Bridges don't usually have re-railer sections. I think you might be considering the 'guard rails' which parallel the running rails, usually inside. The idea is that if you get a derailment the wheels are kept on the bridge by the guard rails so the catastrophic fall is averted 
The crew gets to re-rail the car when they get safely to solid land.


----------



## kormsen (Oct 27, 2009)

needing transitions for curves depends on more than one factors.
you got enough space?
you want to run long roling stock?
you like high speed trains?
you hate to see the cars of a train "jump" round the corner entering and leaving curves? 
if, and how much transitions you need/want depends on the answers to these questions.

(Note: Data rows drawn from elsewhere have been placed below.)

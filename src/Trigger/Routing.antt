-- ===== src/Trigger/Routing.antt =====
-- The trigger that a path names, and the directory in which a payload is mounted.
use kagents.Prelude.{
  ◌≡◌, ◌≢◌, refl, ap, subst, ◌⊎◌, Lacks, inl, inr, String, true, false, Option, none, some, List,
  [], ◌∷◌, ◌++◌, In, ◌==◌, ◌<>◌, eq_iff, arith, Bool-cases, Option-cases, cut_last_slash,
  cut_last_slash-IsCutOf,
}
use kagents.Api.Triggers.{AgentTeamTrigger}
use kagents.Trigger.{matches, first_match, split_mount_dir}

abbrev pub path_of : AgentTeamTrigger → Option String
path_of trig = elim trig.spec.trigger.webhook [ none ↦ none | some hook ↦ some hook.path ]

-- What the answer for a path says of the triggers, in the order of the list.
abbrev pub IsFirst : String → List AgentTeamTrigger → Option AgentTeamTrigger → Type 0
IsFirst path triggers none = (t : AgentTeamTrigger) → In t triggers → path_of t ≢ some path
IsFirst path triggers (some trig) =
    (before after : List AgentTeamTrigger) × (triggers ≡ before ++ trig ∷ after)
    × (path_of trig ≡ some path)
    × ((t : AgentTeamTrigger) → In t before → path_of t ≢ some path)

matches_exact :
    (path : String) (trig : AgentTeamTrigger)
    → ((matches path trig ≡ true) × (path_of trig ≡ some path))
      ⊎ ((matches path trig ≡ false) × (path_of trig ≢ some path))
unfolding matches
matches_exact path trig = elim (Option-cases trig.spec.trigger.webhook) [
  | inl e ↦ rw e (inr (refl, λ h. ground arith))
  | inr (hook, e) ↦ elim (Bool-cases (hook.path == path)) [
    | inl same ↦ rw e (inl (same, ap (λ p. some p) ((eq_iff hook.path path).0 same)))
    | inr other ↦ rw e (inr (other, λ h. ground (arith, eq_iff hook.path path)))
  ]
]

cons-IsFirst :
    (path : String) (trig : AgentTeamTrigger) (rest : List AgentTeamTrigger)
    (answer : Option AgentTeamTrigger)
    → path_of trig ≢ some path
    → IsFirst path rest answer
    → IsFirst path (trig ∷ rest) answer
cons-IsFirst path trig rest none other first =
    λ t h. elim h [ inl same ↦ rw same other | inr later ↦ first t later ]
cons-IsFirst path trig rest (some found) other (before, after, e, at, none_before) = (
  trig ∷ before,
  after,
  ap (λ l. trig ∷ l) e,
  at,
  λ t h. elim h [ inl same ↦ rw same other | inr later ↦ none_before t later ],
)

-- The answer for a path is the first trigger of the list that has it, and there is none only where no
-- trigger has it.
pub first_match-IsFirst :
    (path : String) (triggers : List AgentTeamTrigger)
    → IsFirst path triggers (first_match path triggers)
unfolding first_match
first_match-IsFirst path [] = λ t h. absurd h
first_match-IsFirst path (trig ∷ rest) = elim (matches_exact path trig) [
  | inl (hit, e) ↦ rw hit ([], rest, refl, e, λ t h. absurd h)
  | inr (miss, e) ↦ rw miss (cons-IsFirst path trig rest _ e (first_match-IsFirst path rest))
]

-- The parts beside the last slash.
abbrev pub IsDivided : String → String → String → Type 0
IsDivided path dir base = (path ≡ dir <> "/" <> base) × (dir ≢ "") × Lacks b'/' base

-- The path as it is, in which no character, or only the first, is a slash.
abbrev pub IsWhole : String → String → String → Type 0
IsWhole path dir base =
    (dir ≡ path)
    × (base ≡ "")
    × (Lacks b'/' path ⊎ ((rest : String) × (path ≡ "" <> "/" <> rest) × Lacks b'/' rest))

-- A payload's path is split at its last slash and nothing of it is lost: the directory is not empty and
-- no slash follows. It is kept whole only where it has no slash, or only one that is its first
-- character.
pub split_mount_dir_exact :
    (path : String)
    → let (dir, base) = split_mount_dir path in IsDivided path dir base ⊎ IsWhole path dir base
unfolding split_mount_dir
split_mount_dir_exact path =
    let exact = cut_last_slash-IsCutOf path in
    elim (Option-cases (cut_last_slash path)) [
      | inl e ↦ rw (split_mount_dir, e) (inr (refl, refl, inl (rw e at exact)))
      | inr ((dir, base), e) ↦
          let (cut, plain) = rw e at exact in
          elim (Bool-cases (dir == "")) [
            | inl root ↦
                let at_root : path ≡ "" <> "/" <> base =
                  subst (λ d. path ≡ d <> "/" <> base) ((eq_iff dir "").0 root) cut in
                rw (split_mount_dir, e, root) (inr (refl, refl, inr (base, at_root, plain)))
            | inr inner ↦
                rw (split_mount_dir, e, inner)
                  (inl (cut, (λ h. ground (arith, eq_iff dir "")), plain))
          ]
    ]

the use of flextrack or sectional depends as well on your variables.
what do you want to buy and pay? (R1 rebent second-hand curves are the cheapest option)
flextrack makes for nicer, softer transitions and smoother rides.
sectional track has less problems with expansion and retraction from the weather.
(and if you like the "clickety-clack", sectional is a "must".)

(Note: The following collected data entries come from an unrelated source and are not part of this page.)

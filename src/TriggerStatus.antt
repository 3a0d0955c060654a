-- ===== src/TriggerStatus.antt =====
-- internal/controller/agentteamtrigger_controller.go: the status of a trigger, from the runs that carry
-- its label. The API client's calls are the parameters of the record `TriggerClient`, and so is the
-- order of sort.Slice, which does not promise where it puts runs of one time.
pub mod Newest
use kagents.Prelude.{
  ℕ, zero, suc, String, Bool, not, Option, none, some, List, [], ◌∷◌, ◌==◌, ◌&&◌, leb, length,
  if◌then◌else◌,
}
use kagents.Result.{Result, ok, err, is_not_found}
use kagents.Api.Resources.{AgentTeamRun}
use kagents.Api.Triggers.{AgentTeamTrigger, AgentTeamTriggerStatus, TriggerRunStatus}
use kagents.Schedule.{is_run_terminal}

pub record TriggerClient : Type 1 where
  pub World : Type 0
  pub get_trigger : World → String → String → Result AgentTeamTrigger
  -- the runs in a namespace that have a value of the label kagents.dev/trigger
  pub list_runs : World → String → String → Result (List AgentTeamRun)
  -- r.Status().Update of a trigger
  pub update_trigger_status : World → AgentTeamTrigger → Result (Unit {0}) × World
  -- sort.Slice by the creation time, the latest first
  pub newest_first : List AgentTeamRun → List AgentTeamRun
  -- HistoryLimit, where 0 stands for any limit that is not positive
  pub history_limit : ℕ

unfoldable pub trigger_history_limit : ℕ → ℕ
trigger_history_limit limit = if leb limit 0 then 20 else limit

-- The entries of the first `limit` runs.
unfoldable pub history_of : ℕ → List AgentTeamRun → List TriggerRunStatus
history_of zero runs = []
history_of (suc limit) [] = []
history_of (suc limit) (run ∷ runs) =
    record {
      name = run.meta.name;
      triggered_at = run.meta.creation_timestamp;
      phase = run.status.phase;
    }
    ∷ history_of limit runs

-- The loop over the runs, with the name that it has found so far.
unfoldable pub active_of : String → List AgentTeamRun → String
active_of active [] = active
active_of active (run ∷ runs) =
    active_of
      (if active == "" && not (is_run_terminal run.status.phase) then run.meta.name else active)
      runs

abbrev pub last_time : AgentTeamTriggerStatus → List AgentTeamRun → Option ℕ
last_time old [] = old.last_triggered_at
last_time old (run ∷ runs) = some run.meta.creation_timestamp

-- The status for the runs in their order.
unfoldable pub status_for : ℕ → AgentTeamTriggerStatus → List AgentTeamRun → AgentTeamTriggerStatus
status_for limit old runs = record {
  last_triggered_at = last_time old runs;
  active_run = active_of "" runs;
  total_runs = length runs;
  runs = history_of (trigger_history_limit limit) runs;
}

module _ (client : TriggerClient) where
  open client use {World}

  written : Result (Unit {0}) × World → Result ℕ × World
  written (ok u, w) = (ok 30_000_000_000, w)
  written (err e, w) = (err e, w)

  with_runs : World → AgentTeamTrigger → Result (List AgentTeamRun) → Result ℕ × World
  unfolding written
  with_runs w trig (err e) = (err e, w)
  with_runs w trig (ok runs) = written (
      client.update_trigger_status w (record trig {
        status = status_for client.history_limit trig.status (client.newest_first runs);
      }))

  with_trigger : World → Result AgentTeamTrigger → Result ℕ × World
  unfolding with_runs
  with_trigger w (err e) = (if is_not_found e then ok 0 else err e, w)
  with_trigger w (ok trig) =
      with_runs w trig (client.list_runs w trig.meta.namespace trig.meta.name)

  -- The delay of the requeue in nanoseconds, or 0 for none.
  unfoldable pub reconcile_trigger : World → String → String → Result ℕ × World
  unfolding with_trigger
  reconcile_trigger w namespace name = with_trigger w (client.get_trigger w namespace name)
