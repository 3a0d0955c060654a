-- ===== src/TriggerStatus/Newest.antt =====
-- What the status of a trigger says of its runs.
use kagents.Prelude.{
  ◌≡◌, ◌≢◌, refl, subst, sym, ◌∙◌, ◌⊎◌, ◌↔◌, inl, inr, ◌≤◌, ℕ, zero, suc, String, Bool, true, false,
  not, Option, some, List, [], ◌∷◌, In, ◌==◌, eq_iff, length, arith, Bool-cases,
}
use kagents.Api.Resources.{AgentTeamRun}
use kagents.Api.Triggers.{AgentTeamTriggerStatus}
use kagents.Schedule.{is_run_terminal}
use kagents.TriggerStatus.{trigger_history_limit, history_of, active_of, last_time, status_for}

abbrev pub created : AgentTeamRun → ℕ
created run = run.meta.creation_timestamp

abbrev pub is_active : AgentTeamRun → Bool
is_active run = not (is_run_terminal run.status.phase)

abbrev pub IsNewestFirst : List AgentTeamRun → Type 0
IsNewestFirst [] = Unit {0}
IsNewestFirst (run ∷ runs) =
    ((q : AgentTeamRun) → In q runs → created q ≤ created run) × IsNewestFirst runs

-- What is used of sort.Slice: the result has the runs that were given, and is in order.
pub record Sorts (runs sorted : List AgentTeamRun) : Type 0 where
  pub same : (r : AgentTeamRun) → In r runs ↔ In r sorted
  pub as_many : length sorted ≡ length runs
  pub ordered : IsNewestFirst sorted

active_of-found :
    (active : String) (runs : List AgentTeamRun) → active ≢ "" → active_of active runs ≡ active
unfolding active_of
active_of-found active [] found = refl
active_of-found active (run ∷ runs) found = elim (Bool-cases (active == "")) [
  | inl e ↦ absurd (found ((eq_iff active "").0 e))
  | inr e ↦ rw e (active_of-found active runs found)
]

-- The name is that of the newest active run, or no run is active and there is none.
abbrev pub IsNewestActive : List AgentTeamRun → String → Type 0
IsNewestActive runs name =
    ((name ≡ "") × ((r : AgentTeamRun) → In r runs → is_active r ≡ false))
    ⊎ ((r : AgentTeamRun) × In r runs
        × (r.meta.name ≡ name)
        × (is_active r ≡ true)
        × ((q : AgentTeamRun) → In q runs → is_active q ≡ true → created q ≤ created r))

cons-IsNewestActive :
    (run : AgentTeamRun) (runs : List AgentTeamRun) (name : String)
    → is_active run ≡ false
    → IsNewestActive runs name
    → IsNewestActive (run ∷ runs) name
cons-IsNewestActive run runs name done (inl (e, all)) =
    inl (e, λ r h. elim h [ inl same ↦ rw same done | inr later ↦ all r later ])
cons-IsNewestActive run runs name done (inr (r, at, e, on, newest)) = inr (
  r,
  inr at,
  e,
  on,
  λ q h qon. elim h [
    | inl same ↦ absurd (true_not_false (sym (subst (λ x. is_active x ≡ true) same qon) ∙ done))
    | inr later ↦ newest q later qon
  ],
)
  where
    true_not_false : true ≢ false
    true_not_false = λ h. ground arith

active_of-IsNewestActive :
    (runs : List AgentTeamRun)
    → IsNewestFirst runs
    → ((r : AgentTeamRun) → In r runs → r.meta.name ≢ "")
    → IsNewestActive runs (active_of "" runs)
unfolding active_of
active_of-IsNewestActive [] sorted named = inl (refl, λ r h. absurd h)
active_of-IsNewestActive (run ∷ runs) sorted named =
    elim (Bool-cases (is_run_terminal run.status.phase)) [
      | inl done ↦ rw done (
          cons-IsNewestActive run runs _ (rw done refl)
            (active_of-IsNewestActive runs sorted.1 (λ r h. named r (inr h))))
      | inr on ↦
          let found = active_of-found run.meta.name runs (named run (inl refl)) in
          rw (on, found)
            (inr (
              run,
              inl refl,
              refl,
              rw on refl,
              λ q h qon. elim h [
                | inl same ↦ rw same (ground arith)
                | inr later ↦ sorted.0 q later
              ],
            ))
    ]

move-IsNewestActive :
    (runs sorted : List AgentTeamRun) (name : String)
    → ((r : AgentTeamRun) → In r runs ↔ In r sorted)
    → IsNewestActive sorted name
    → IsNewestActive runs name
move-IsNewestActive runs sorted name same (inl (e, all)) = inl (e, λ r h. all r ((same r).0 h))
move-IsNewestActive runs sorted name same (inr (r, at, e, on, newest)) =
    inr (r, (same r).1 at, e, on, λ q h qon. newest q ((same q).0 h) qon)

length-history_of : (limit : ℕ) (runs : List AgentTeamRun) → length (history_of limit runs) ≤ limit
unfolding history_of
length-history_of zero runs = omega arith
length-history_of (suc limit) [] = omega arith
length-history_of (suc limit) (run ∷ runs) = omega (arith, length-history_of limit runs)

-- The time is the latest creation time of the runs, or stays where there are none.
abbrev pub IsLatest : List AgentTeamRun → Option ℕ → Option ℕ → Type 0
IsLatest runs old time =
    ((runs ≡ []) × (time ≡ old))
    ⊎ ((r : AgentTeamRun) × In r runs
        × (time ≡ some (created r))
        × ((q : AgentTeamRun) → In q runs → created q ≤ created r))

last_time-IsLatest :
    (old : AgentTeamTriggerStatus) (runs sorted : List AgentTeamRun)
    → Sorts runs sorted
    → IsLatest runs old.last_triggered_at (last_time old sorted)
last_time-IsLatest old [] [] sorts = inl (refl, refl)
last_time-IsLatest old (q ∷ runs) [] sorts = absurd ((sorts.same q).0 (inl refl))
last_time-IsLatest old runs (run ∷ sorted) sorts = inr (
  run,
  (sorts.same run).1 (inl refl),
  refl,
  λ q h. elim ((sorts.same q).0 h) [
    | inl same ↦ rw same (ground arith)
    | inr later ↦ sorts.ordered.0 q later
  ],
)

-- For the runs of a trigger that the cluster has, which all have a name, whatever order sort.Slice gives
-- runs of one time: the status counts these runs (not those that were deleted before), names the newest
-- that is not terminal as the active one (none where all are terminal), holds the latest creation time,
-- and lists no more than the limit, which is 20 where none is set.
pub status_for_exact :
    (limit : ℕ) (old : AgentTeamTriggerStatus) (runs sorted : List AgentTeamRun)
    → Sorts runs sorted
    → ((r : AgentTeamRun) → In r runs → r.meta.name ≢ "")
    → let st = status_for limit old sorted in
      (st.total_runs ≡ length runs)
      × IsNewestActive runs st.active_run
      × IsLatest runs old.last_triggered_at st.last_triggered_at
      × (length st.runs ≤ trigger_history_limit limit)
unfolding status_for
status_for_exact limit old runs sorted sorts named = (
  sorts.as_many,
  move-IsNewestActive runs sorted _ sorts.same
      (active_of-IsNewestActive sorted sorts.ordered (λ r h. named r ((sorts.same r).1 h))),
  last_time-IsLatest old runs sorted sorts,
  length-history_of (trigger_history_limit limit) sorted,
)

i use only short locos (0-2-0) and short cars (max 14") because i have two 6% grades.
for the transitions i bended two one-foot sections at 3% up or down each.


----------



## Dan Pierce (Jan 2, 2008)

Is that 0-2-0 called a kangaroo??


----------



## kormsen (Oct 27, 2009)

Dan Pierce said:


> Is that 0-2-0 called a kangaroo??


OOOPSS!

i counted axles, not wheels.

*it should say: 0-4-0* 
(mostly Stainzes)


----------



## PaulRace (Apr 30, 2020)

*Easements*

RR's call these transitions Easements. They reduce your locomotive lurching into and out of curves. 

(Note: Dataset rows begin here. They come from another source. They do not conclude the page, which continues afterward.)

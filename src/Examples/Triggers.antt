-- ===== src/Examples/Triggers.antt =====
-- Requests to a listener whose cluster is the list of the runs that it made. The digest of a body is
-- the body here.
use kagents.Prelude.{
  ℕ, inl, inr, In, length, arith, ◌≤◌, subst, sym, ◌≡◌, ◌≢◌, refl, ◌⊎◌, ◌==◌, String, none, some,
  List, [], ◌∷◌, cut_last_slash, lookup, trim_prefix, if◌then◌else◌,
}
use kagents.Result.{Result, ok, err, not_found}
use kagents.Exec.{◌>>=◌}
use kagents.Api.Resources.{AgentTeamRun}
use kagents.Api.Triggers.{AgentTeamTrigger}
use kagents.Trigger.{
  Listener, Request, serve_http, apply_policy, fire, first_match, split_mount_dir, matches,
  find_trigger, secret_name, verify_signature, receive, dispatch, authorize, delete_run, create_run,
  triggered_run,
}
use kagents.Trigger.Admission.{IsRefused, IsAdmitted, serve_http-IsAdmitted}
use kagents.Trigger.Firing.{new_run, IsPrepared, IsMade, apply_policy-IsHonest}
use kagents.Trigger.Routing.{
  IsFirst, first_match-IsFirst, IsDivided, IsWhole, split_mount_dir_exact,
}
use kagents.TriggerStatus.{status_for, trigger_history_limit}
use kagents.TriggerStatus.Newest.{Sorts, IsNewestActive, IsLatest, status_for_exact}
use kagents.Examples.Data.{report_meta, report_team, lead}

abbrev report_trigger : String → AgentTeamTrigger
report_trigger active = record {
  meta = report_meta;
  spec = record {
    trigger = record { webhook = some (record { path = "/hooks/report"; secret = "hooks" }) };
    template_ref = record { name = "report" };
    auth = report_team.spec.auth;
    lead = lead;
    repository = none;
    workspace = none;
    lifecycle = none;
    payload_injection = some (record { mount_path = "/workspace/data/event.json" });
    concurrency_policy = "Replace";
  };
  status = record { last_triggered_at = none; active_run = active; total_runs = 1; runs = [] };
}

abbrev run_named : String → List AgentTeamRun → Result AgentTeamRun
run_named name [] = err (not_found name)
run_named name (run ∷ runs) = if run.meta.name == name then ok run else run_named name runs

abbrev runs_without : String → List AgentTeamRun → List AgentTeamRun
runs_without name [] = []
runs_without name (run ∷ runs) =
    if run.meta.name == name then runs else run ∷ runs_without name runs

abbrev old_run : AgentTeamRun
old_run = triggered_run (report_trigger "") "old" "old-payload"

abbrev listener : Listener
listener = record {
  World = List AgentTeamRun;
  Bytes = String;
  byte_length = λ text. 4;
  text_of = λ text. text;
  list_triggers = λ w. ok (report_trigger "" ∷ []);
  get_secret = λ w namespace name. ok (("hmac-secret", "key") ∷ []);
  get_run = λ w namespace name. run_named name w;
  create_config_map = λ w c. (ok tt, w);
  create_run = λ w run. (ok tt, run ∷ w);
  delete_run = λ w run. (ok tt, runs_without run.meta.name w);
  decode_hex = λ text. ok text;
  hmac_sha256 = λ key body. body;
  mac_equal = λ a b. a == b;
  now = 5_000_000_000;
}

abbrev request : String → Request String
request signature = record {
  method = "POST";
  path = "/hooks/report";
  header = λ name. signature;
  read_body = λ limit. ok "beef";
}

serve_http_example :
    IsRefused listener [] (serve_http listener (request "sha256=dead") [])
    ⊎ IsAdmitted listener (request "sha256=dead") []
serve_http_example = serve_http-IsAdmitted listener (request "sha256=dead") []

-- The run that the trigger still has is deleted, and only the new one is left.
replaced_accepted :
    (apply_policy listener (report_trigger "old") "beef" (old_run ∷ [])).0.code ≡ 202
unfolding apply_policy delete_run fire create_run ◌>>=◌
replaced_accepted = refl

replaced_world :
    (apply_policy listener (report_trigger "old") "beef" (old_run ∷ [])).1
    ≡ new_run listener (report_trigger "old") ∷ []
unfolding apply_policy delete_run fire create_run ◌>>=◌
replaced_world = refl

apply_policy_example :
    (start : List AgentTeamRun) × IsPrepared listener (report_trigger "old") (old_run ∷ []) start
    × IsMade listener
        (report_trigger "old")
        "beef"
        start
        (apply_policy listener (report_trigger "old") "beef" (old_run ∷ []))
apply_policy_example =
    apply_policy-IsHonest listener (report_trigger "old") "beef" (old_run ∷ []) replaced_accepted

-- A wrong digest is refused, and a right one makes a run.
wrong_digest : (serve_http listener (request "sha256=dead") []).0.code ≡ 401
unfolding serve_http receive dispatch find_trigger first_match matches authorize secret_name
    verify_signature lookup trim_prefix
wrong_digest = refl

right_digest : (serve_http listener (request "sha256=beef") []).0.code ≡ 202
unfolding serve_http receive dispatch find_trigger first_match matches authorize secret_name
    verify_signature lookup trim_prefix apply_policy delete_run fire create_run ◌>>=◌
right_digest = refl

first_match_example :
    IsFirst "/hooks/report"
      (report_trigger "" ∷ report_trigger "old" ∷ [])
      (first_match "/hooks/report" (report_trigger "" ∷ report_trigger "old" ∷ []))
first_match_example =
    first_match-IsFirst "/hooks/report" (report_trigger "" ∷ report_trigger "old" ∷ [])

split_mount_dir_example :
    let (dir, base) = split_mount_dir "/workspace/data/event.json" in
    IsDivided "/workspace/data/event.json" dir base ⊎ IsWhole "/workspace/data/event.json" dir base
split_mount_dir_example = split_mount_dir_exact "/workspace/data/event.json"

event_directory : split_mount_dir "/workspace/data/event.json" ≡ ("/workspace/data", "event.json")
unfolding split_mount_dir cut_last_slash
event_directory = refl

abbrev made_at : ℕ → String → AgentTeamRun
made_at time phase =
    let run = triggered_run (report_trigger "") "report-1" "report-1-payload" in
    record run {
      meta = record run.meta { creation_timestamp = time };
      status = record run.status { phase = phase };
    }

abbrev two_runs : List AgentTeamRun
two_runs = made_at 3 "Running" ∷ made_at 8 "Completed" ∷ []

abbrev two_sorted : List AgentTeamRun
two_sorted = made_at 8 "Completed" ∷ made_at 3 "Running" ∷ []

two_runs-Sorts : Sorts two_runs two_sorted
two_runs-Sorts = record {
  same = λ r. (
    λ h. elim h [ inl e ↦ inr (inl e) | inr h' ↦ elim h' [ inl e ↦ inl e | inr n ↦ absurd n ] ],
    λ h. elim h [ inl e ↦ inr (inl e) | inr h' ↦ elim h' [ inl e ↦ inl e | inr n ↦ absurd n ] ],
  );
  as_many = refl;
  ordered =
      (λ q h. elim h [ inl e ↦ rw e (omega arith) | inr n ↦ absurd n ], (λ q h. absurd h, tt));
}

report_1_named : ◌≢◌ {A = String} "report-1" ""
report_1_named = λ h. cc

two_runs_named : (r : AgentTeamRun) → In r two_runs → r.meta.name ≢ ""
two_runs_named r (inl e) = subst (λ x. x.meta.name ≢ "") (sym e) report_1_named
two_runs_named r (inr (inl e)) = subst (λ x. x.meta.name ≢ "") (sym e) report_1_named
two_runs_named r (inr (inr n)) = absurd n

status_for_example :
    let st = status_for 0 (report_trigger "").status two_sorted in
    (st.total_runs ≡ length two_runs)
    × IsNewestActive two_runs st.active_run
    × IsLatest two_runs none st.last_triggered_at
    × (length st.runs ≤ trigger_history_limit 0)
status_for_example =
    status_for_exact 0 (report_trigger "").status two_runs two_sorted two_runs-Sorts two_runs_named
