-- ===== src/Examples/Views.antt =====
-- The routes and the progress bar of the dashboard at concrete inputs.
use kagents.Prelude.{
  ◌≡◌, ◌↔◌, refl, ◌≤◌, String, true, none, List, [], ◌∷◌, All, Lacks-of_literal, join, ◌<>◌,
}
use kagents.Result.{ok}
use kagents.Team.Pipeline.{update_pipeline_status}
use kagents.Team.Pipeline.Summary.{is_completed, stages_after}
use kagents.Dashboard.{Server, Request, Views}
use kagents.Dashboard.Routes.{routes}
use kagents.Dashboard.Routes.Paths.{Link, log_link, path_of, IsClean}
use kagents.Dashboard.Routes.Links.{served, routes-path_of}
use kagents.Dashboard.Funcs.{pipeline_percent}
use kagents.Dashboard.Funcs.Progress.{pipeline_percent_exact}
use kagents.Examples.Data.{report_team, staged_team, research_stage, writing_stage}

abbrev server : Server
server = record { has_kube_client = true; namespace = "cowork" }

-- One team, and templates that render nothing.
abbrev views : Views
views = record {
  list = λ ns. ok (report_team ∷ []);
  get = λ ns name. ok report_team;
  logs = λ ns pod follow. ok ("log\n" ∷ []);
  Template = List String;
  parse_fs = λ files. ok files;
  execute = λ tpl name input. ("", none);
}

abbrev get_path : String → Request
get_path path = record {
  method = "GET";
  path = path;
  namespace = "";
  follow = "";
  can_flush = true;
}

abbrev logs : Link
logs = log_link "cowork" "report" "lead"

clean : IsClean logs
clean = (
  (λ e. cc, Lacks-of_literal 47 "cowork" refl),
  (λ e. cc, Lacks-of_literal 47 "report" refl),
  (λ e. cc, Lacks-of_literal 47 "lead" refl),
)

logs_path : "/api/teams/cowork/report/logs/lead" ≡ path_of logs
unfolding join ◌<>◌
logs_path = refl

routes_example :
    routes server views (λ text. text) (get_path "/api/teams/cowork/report/logs/lead")
    ≡ served server views (λ text. text) (get_path "/api/teams/cowork/report/logs/lead") logs
routes_example =
    routes-path_of server views (λ text. text) (get_path "/api/teams/cowork/report/logs/lead") logs
      clean refl logs_path

pipeline_percent_example :
    let pct = pipeline_percent (update_pipeline_status staged_team 7).0 in
    (pct ≤ 100)
    × ((pct ≡ 100)
        ↔ All
            (λ ss. is_completed ss ≡ true)
            (stages_after staged_team 7 (research_stage ∷ writing_stage ∷ [])))
pipeline_percent_example =
    pipeline_percent_exact staged_team 7 research_stage (writing_stage ∷ []) refl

Yes, they're easier to do with flex track. 

But they can be done with pre-curved track as well. If you use track that turns at the same angle, it's pretty easy. For example, if you're using 4'-diameter curves, you can use 5'-diameter curves to do transitions at both ends of the curve. If you're using 5'-diameter curves, you can use 10'-diameter curves at both ends. When I was using mostly 10'-diameter curves and it was easy to pick up a few 20'-diameter curves, I would use those as easements. All of those are typically 12 to a circle, so each piece bends 30 degrees. 

If you're using R3, 8'-diameter curves, your options are a little more limited. Aristo used to make 16' diameter curves that had the same bend as the 8'-diameter curves. I don't know if anyone is making them now. 

Why are such provisions helpful? When a locomotive is on a straightaway, the weight of the locomotive causes it to ride evenly between the rails, with the flanges barely touching the rails if they do at all. When it enters a curve, centrifugal force pushes it toward the outside rail. Not only do the flanges out the outer wheels bump the rail, but the locomotive usually rides up a little, due to the angle of the wheel tread. 

Having more gradual curves allows the locomotive to ease into that position more gradually. 

More than you wanted to know, I'm sure. Best of luck!

Paul


----------



## Greg Elmassian (Jan 3, 2008)

Yep, easements on curves are great, helps prevent lurching, everything runs better. But very few of us have the luxury of having lots of space for the curves. I tend to go towards an overall larger & constant radius for the curve.


Vertical easements on grades depend on length of your cars, and how your couplers are mounted. Short cars with truck mounted couplers can take roller coaster track.


Long locos and cars with body mounts can have all kinds of issues, normally the couplers override each other and come apart.


Another interesting thing that happened to me was with Aristo 3 axle motor blocks, there is no suspension in them and if you crest a grade with a sharp breakover angle, the lead wheels will leave the railhead, if this happens enough, the flanges can clear the railhead also and you have a derailment.


I had this in a transition between a 3.5% grade and level, with 5 foot long rail sections. Pulled it out and used 1 foot sections to make a smoother and more gradual transition, problem fixed. (really hard to bend rail in vertical direction).


Greg


----------